Figure 2 shows the number of Divvy stations by census tract. In the 801 census tracts, 367 of them have Divvy stations. Tracts within and close to downtown Chicago tend to have more Divvy stations. Accordingly, Divvy trips tend to concentrate near downtown but are scarce in remote areas. Figure 2 also shows that Divvy trips departed from 590 stations in 313 census tracts with Divvy stations, which are located in the central and northern parts of the city, whereas the remaining 54 (= 367 − 313) census tracts with Divvy stations, mostly in the south side Chicago, did not originate any trips. In the following analysis, trip data in the 367 tracts are used to examine the association between neighborhood characteristics and bike-sharing usage.
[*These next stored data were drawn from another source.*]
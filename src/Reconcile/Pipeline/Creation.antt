-- ===== src/Reconcile/Pipeline/Creation.antt =====
-- src/operator/reconcile/pipeline.rs: what has to hold before the pipeline creates an Update, and
-- which Update it creates.
use pulumi_rs_kube_operator.Base.{
  Option, none, some, Result, ok, err, Text, ◌≡◌, refl, ◌==◌, if_elim, arith,
}
use pulumi_rs_kube_operator.Api.Stack.{Stack}
use pulumi_rs_kube_operator.Operator.Messages.{NameKey}
use pulumi_rs_kube_operator.Operator.Effects.{
  Env, History, Op, Kube, create_update, api, other_error, request, perform, Fault, newest,
}
use pulumi_rs_kube_operator.Operator.Fallible.{continue, return, throw, lift, map_err, or_panic}
use pulumi_rs_kube_operator.Reconcile.CheckUpdate.{
  UpdateCheckResult, in_progress, not_found, succeeded, failed, check_update,
}
use pulumi_rs_kube_operator.Reconcile.CheckUpdate.Verdict.{check_update-effects}
use pulumi_rs_kube_operator.Reconcile.CreateUpdate.{
  hex_short, new_update, update_name, create_named, create_update_for, create_reply,
  reuse_or_replace, replace_update,
}

module _ (env : Env) (key : NameKey) (stack : Stack) (name : Text) where
  -- The newest effect asks for the Update of this name, and the step returned the name.
  abbrev Created : Result Fault Text × History → Type 0
  Created (r, h) = (r ≡ ok name) × (newest h ≡ some (create_update (new_update key stack name)))

  replace_update-Created :
      (h : History) {r : Text}
      → (replace_update env key stack name h).0 ≡ ok r
      → Created (replace_update env key stack name h)
  unfolding replace_update continue return lift map_err request perform
  replace_update-Created h e = ground arith

  reuse_or_replace-Created :
      (h : History) (c : UpdateCheckResult) {r : Text}
      → newest h ≡ some (create_update (new_update key stack name))
      → (reuse_or_replace env key stack name c h).0 ≡ ok r
      → Created (reuse_or_replace env key stack name c h)
  unfolding reuse_or_replace return
  reuse_or_replace-Created h in_progress n e = (refl, n)
  reuse_or_replace-Created h not_found n e = replace_update-Created h e
  reuse_or_replace-Created h (succeeded p o) n e = replace_update-Created h e
  reuse_or_replace-Created h (failed m) n e = replace_update-Created h e

  checked-Created :
      (h : History) (c : Result Fault UpdateCheckResult) {r : Text}
      → newest h ≡ some (create_update (new_update key stack name))
      → (continue c (reuse_or_replace env key stack name) h).0 ≡ ok r
      → Created (continue c (reuse_or_replace env key stack name) h)
  unfolding continue
  checked-Created h (ok c) n e = reuse_or_replace-Created h c n e
  checked-Created h (err f) n e = cc

  create_reply-Created :
      (h : History) (reply : Kube (Unit {0})) {r : Text}
      → newest h ≡ some (create_update (new_update key stack name))
      → (create_reply env key stack name reply h).0 ≡ ok r
      → Created (create_reply env key stack name reply h)
  unfolding create_reply return throw
  create_reply-Created h (ok u) n e = (refl, n)
  create_reply-Created h (err (api code)) {r} n e =
      if_elim {A = Op Text} (λ m. (m h).0 ≡ ok r → Created (m h)) (code == 409)
        (λ _ e'.
          checked-Created (check_update env key.ns name h).1 (check_update env key.ns name h).0
            (rw (check_update-effects env key.ns name h) n) e')
        (λ _ e'. cc) e
  create_reply-Created h (err other_error) n e = cc

  create_named-Created :
      (h : History) {r : Text}
      → (create_named env key stack name h).0 ≡ ok r
      → Created (create_named env key stack name h)
  unfolding create_named continue lift request
  create_named-Created h e =
      let sent = request env (create_update (new_update key stack name)) h in
      create_reply-Created sent.1 sent.0 refl e

short-Created :
    (env : Env) (key : NameKey) (stack : Stack) (s : Option Text) (h : History) {name : Text}
    → (continue
        (or_panic s h).0
        (λ short. create_named env key stack (update_name key short))
        (or_panic s h).1).0
      ≡ ok name
    → (short : Text) × (s ≡ some short)
      × (name ≡ update_name key short)
      × Created env key stack (update_name key short) (
          continue
            (or_panic s h).0
            (λ short'. create_named env key stack (update_name key short'))
            (or_panic s h).1)
unfolding or_panic continue
short-Created env key stack none h e = cc
short-Created env key stack (some short) h e =
    let c = create_named-Created env key stack (update_name key short) h e in
    (short, refl, ground arith, c)

-- `create_update` returns only after it has sent a request to create the Update that carries the
-- name of the stack and the short commit, and that request is its last effect.
pub create_update_for-newest :
    (env : Env) (key : NameKey) (stack : Stack) (commit : Text) (h : History) {name : Text}
    → (create_update_for env key stack commit h).0 ≡ ok name
    → (short : Text) × (hex_short commit ≡ some short)
      × (name ≡ update_name key short)
      × (newest (create_update_for env key stack commit h).1
          ≡ some (create_update (new_update key stack (update_name key short))))
unfolding create_update_for
create_update_for-newest env key stack commit h e =
    let (short, p, q, c) = short-Created env key stack (hex_short commit) h e in (short, p, q, c.1)
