-- ===== src/Reconcile/Pipeline/Deletion.antt =====
-- src/operator/reconcile/pipeline.rs: what the pipeline does with a stack that is being deleted.
use pulumi_rs_kube_operator.Base.{Option, none, some, Result, ok, err, Text, ◌≡◌, refl, ap, arith}
use pulumi_rs_kube_operator.Api.Stack.{Stack}
use pulumi_rs_kube_operator.Api.Update.{Update}
use pulumi_rs_kube_operator.Operator.Messages.{NameKey}
use pulumi_rs_kube_operator.Operator.Finalizers.{stack_finalizer_action, run_destroy}
use pulumi_rs_kube_operator.Operator.Effects.{Env, History, Fault}
use pulumi_rs_kube_operator.Operator.Fallible.{continue, return, lift, of_result}
use pulumi_rs_kube_operator.Reconcile.Action.{remove_finalizer_after_destroy}
use pulumi_rs_kube_operator.Reconcile.CheckUpdate.{UpdateCheckResult, check_update}
use pulumi_rs_kube_operator.Reconcile.CheckUpdate.Verdict.{Completed, check_update_succeeded}
use pulumi_rs_kube_operator.Reconcile.Destroy.{
  handle_destroy, check_destroy, check_current, destroy_verdict, cooling_down, start_destroy,
  current_name,
}
use pulumi_rs_kube_operator.Reconcile.Pipeline.{
  run_pipeline, normal_flow, verify_project, check_outstanding, advance, launch, project_verdict,
  update_verdict,
}

start_destroy-ne-removal :
    (env : Env) (key : NameKey) (stack : Stack) (h : History)
    → (start_destroy env key stack h).0 ≡ ok remove_finalizer_after_destroy
    → ⊥
unfolding start_destroy continue return
start_destroy-ne-removal env key stack h e = ground arith

cooling_down-ne-removal :
    (env : Env) (stack : Stack) (h : History)
    → (cooling_down env stack h).0 ≡ ok (some remove_finalizer_after_destroy)
    → ⊥
unfolding cooling_down continue return lift
cooling_down-ne-removal env stack h e = ground arith

advance-ne-removal :
    (env : Env) (key : NameKey) (stack : Stack) (h : History) {c : Option Text}
    → (advance env key stack h).0 ≡ ok (remove_finalizer_after_destroy, c)
    → ⊥
unfolding advance launch continue return lift of_result
advance-ne-removal env key stack h e = ground arith

normal_flow-ne-removal :
    (env : Env) (key : NameKey) (stack : Stack) (h : History) {c : Option Text}
    → (normal_flow env key stack h).0 ≡ ok (remove_finalizer_after_destroy, c)
    → ⊥
unfolding normal_flow verify_project project_verdict check_outstanding update_verdict continue
    return lift
normal_flow-ne-removal env key stack h e = ground (arith, advance-ne-removal env key stack)

destroy_verdict-removal :
    (stack : Stack) (name : Text) (r : UpdateCheckResult)
    → destroy_verdict stack name r ≡ some remove_finalizer_after_destroy
    → (p o : Option Text) × (r ≡ UpdateCheckResult.succeeded p o)
unfolding destroy_verdict
destroy_verdict-removal stack name (UpdateCheckResult.succeeded p o) e = (p, o, refl)
destroy_verdict-removal stack name UpdateCheckResult.in_progress e = cc
destroy_verdict-removal stack name UpdateCheckResult.not_found e = cc
destroy_verdict-removal stack name (UpdateCheckResult.failed m) e = cc

-- The Update that the status calls current was read, and is complete without a failure.
pub record CurrentCompleted (env : Env) (key : NameKey) (stack : Stack) (h : History) : Type 0 where
  pub name : Text
  pub is_current : current_name stack ≡ some name
  pub update : Update
  pub was_read : env.get_update key.ns name h ≡ ok update
  pub completed : Completed update

current_completed :
    (env : Env) (key : NameKey) (stack : Stack) (h : History) (name : Text) {p o : Option Text}
    → current_name stack ≡ some name
    → (check_update env key.ns name h).0 ≡ ok (UpdateCheckResult.succeeded p o)
    → CurrentCompleted env key stack h
current_completed env key stack h name q e =
    let (u, r, c) = check_update_succeeded env key.ns name h e in
    record { name = name; is_current = q; update = u; was_read = r; completed = c }

returned-removal :
    (stack : Stack) (name : Text) (r : Result Fault UpdateCheckResult) (h : History)
    → (continue r (λ check. return (destroy_verdict stack name check)) h).0
      ≡ ok (some remove_finalizer_after_destroy)
    → (p o : Option Text) × (r ≡ ok (UpdateCheckResult.succeeded p o))
unfolding continue return
returned-removal stack name (ok r) h e =
    let (p, o, q) = destroy_verdict-removal stack name r (ground arith) in (p, o, ap ok q)
returned-removal stack name (err f) h e = cc

check_current-removal :
    (env : Env) (key : NameKey) (stack : Stack) (h : History) (name : Option Text)
    → current_name stack ≡ name
    → (check_current env key stack name h).0 ≡ ok (some remove_finalizer_after_destroy)
    → CurrentCompleted env key stack h
unfolding check_current return
check_current-removal env key stack h none q e = cc
check_current-removal env key stack h (some name) q e =
    let (p, o, r) = returned-removal stack name (check_update env key.ns name h).0 _ e in
    current_completed env key stack h name q r

handle_destroy-removal :
    (env : Env) (key : NameKey) (stack : Stack) (h : History)
    → (handle_destroy env key stack h).0 ≡ ok remove_finalizer_after_destroy
    → (check_destroy env key stack h).0 ≡ ok (some remove_finalizer_after_destroy)
unfolding handle_destroy continue return
handle_destroy-removal env key stack h e = ground (
  arith,
  cooling_down-ne-removal env stack (check_destroy env key stack h).1,
  start_destroy-ne-removal env key stack
      (cooling_down env stack (check_destroy env key stack h).1).1,
)

run_pipeline-removal :
    (env : Env) (key : NameKey) (stack : Stack) (h : History) {c : Option Text}
    → (run_pipeline env key stack h).0 ≡ ok (remove_finalizer_after_destroy, c)
    → (stack_finalizer_action stack ≡ run_destroy)
      × ((handle_destroy env key stack h).0 ≡ ok remove_finalizer_after_destroy)
unfolding run_pipeline continue return
run_pipeline-removal env key stack h e = ground (arith, normal_flow-ne-removal env key stack h)

-- The pipeline asks for the removal of the finalizer after a destroy run only for a stack that is
-- to be destroyed, and only once the Update that its status calls current has been read and is
-- complete without a failure.
pub removal-completed :
    (env : Env) (key : NameKey) (stack : Stack) (h : History) {c : Option Text}
    → (run_pipeline env key stack h).0 ≡ ok (remove_finalizer_after_destroy, c)
    → (stack_finalizer_action stack ≡ run_destroy) × CurrentCompleted env key stack h
unfolding check_destroy
removal-completed env key stack h e =
    let (d, r) = run_pipeline-removal env key stack h e in
    (
      d,
      check_current-removal env key stack h (current_name stack) refl
          (handle_destroy-removal env key stack h r),
    )
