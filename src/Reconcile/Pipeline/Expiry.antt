-- ===== src/Reconcile/Pipeline/Expiry.antt =====
-- src/operator/reconcile/pipeline.rs and project.rs: when a missing cloud project has a stack cleaned
-- up.
use pulumi_rs_kube_operator.Base.{◌*◌, ◌%◌, ◌≤◌, some, Text, Instant, ◌≡◌, from_secs, pos_part}
use pulumi_rs_kube_operator.Core.Time.{elapsed_since}
use pulumi_rs_kube_operator.Api.Stack.{Stack}
use pulumi_rs_kube_operator.Operator.Effects.{Env}
use pulumi_rs_kube_operator.Reconcile.Project.{ProjectCheckResult, project_not_found}
use pulumi_rs_kube_operator.Reconcile.Pipeline.{pending_since, grace_days}

-- The project is missing, and has been for the seconds of the grace period as they are computed.
pub record Expired (env : Env) (stack : Stack) (now : Instant) (result : ProjectCheckResult)
    : Type 0 where
  pub project_id : Text
  pub missing : result ≡ project_not_found project_id
  pub since : Text
  pub pending : pending_since stack ≡ some since
  pub overdue :
      from_secs
        (pos_part (grace_days stack.spec.project_verification) * 86400 % 18446744073709551616)
      ≤ elapsed_since env.parse_rfc3339 now (some since)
We collected census-tract level socioeconomic, employment, transportation services, and built environment data from five sources. (1) The socioeconomic data come from the 2013–2018 5-year average American Community Survey (ACS) (U.S. Bureau of the Census, 2018). (2) Employment data come from the 2017 LEHD Origin-Destination Employment Statistics (LODES) (U.S. Bureau of the Census, 2020). (3) Transportation services data, i.e., the number of bus stops and train stations, are calculated based on data from the City of Chicago data portal. (4) The built environment data come from the 2013 Smart Location Database (U.S. Environmental Protection Agency, 2013). (5) We calculated the straight-line distance between downtown (the Loop) and each census tract in GIS (Chicago Data Portal, 2020a).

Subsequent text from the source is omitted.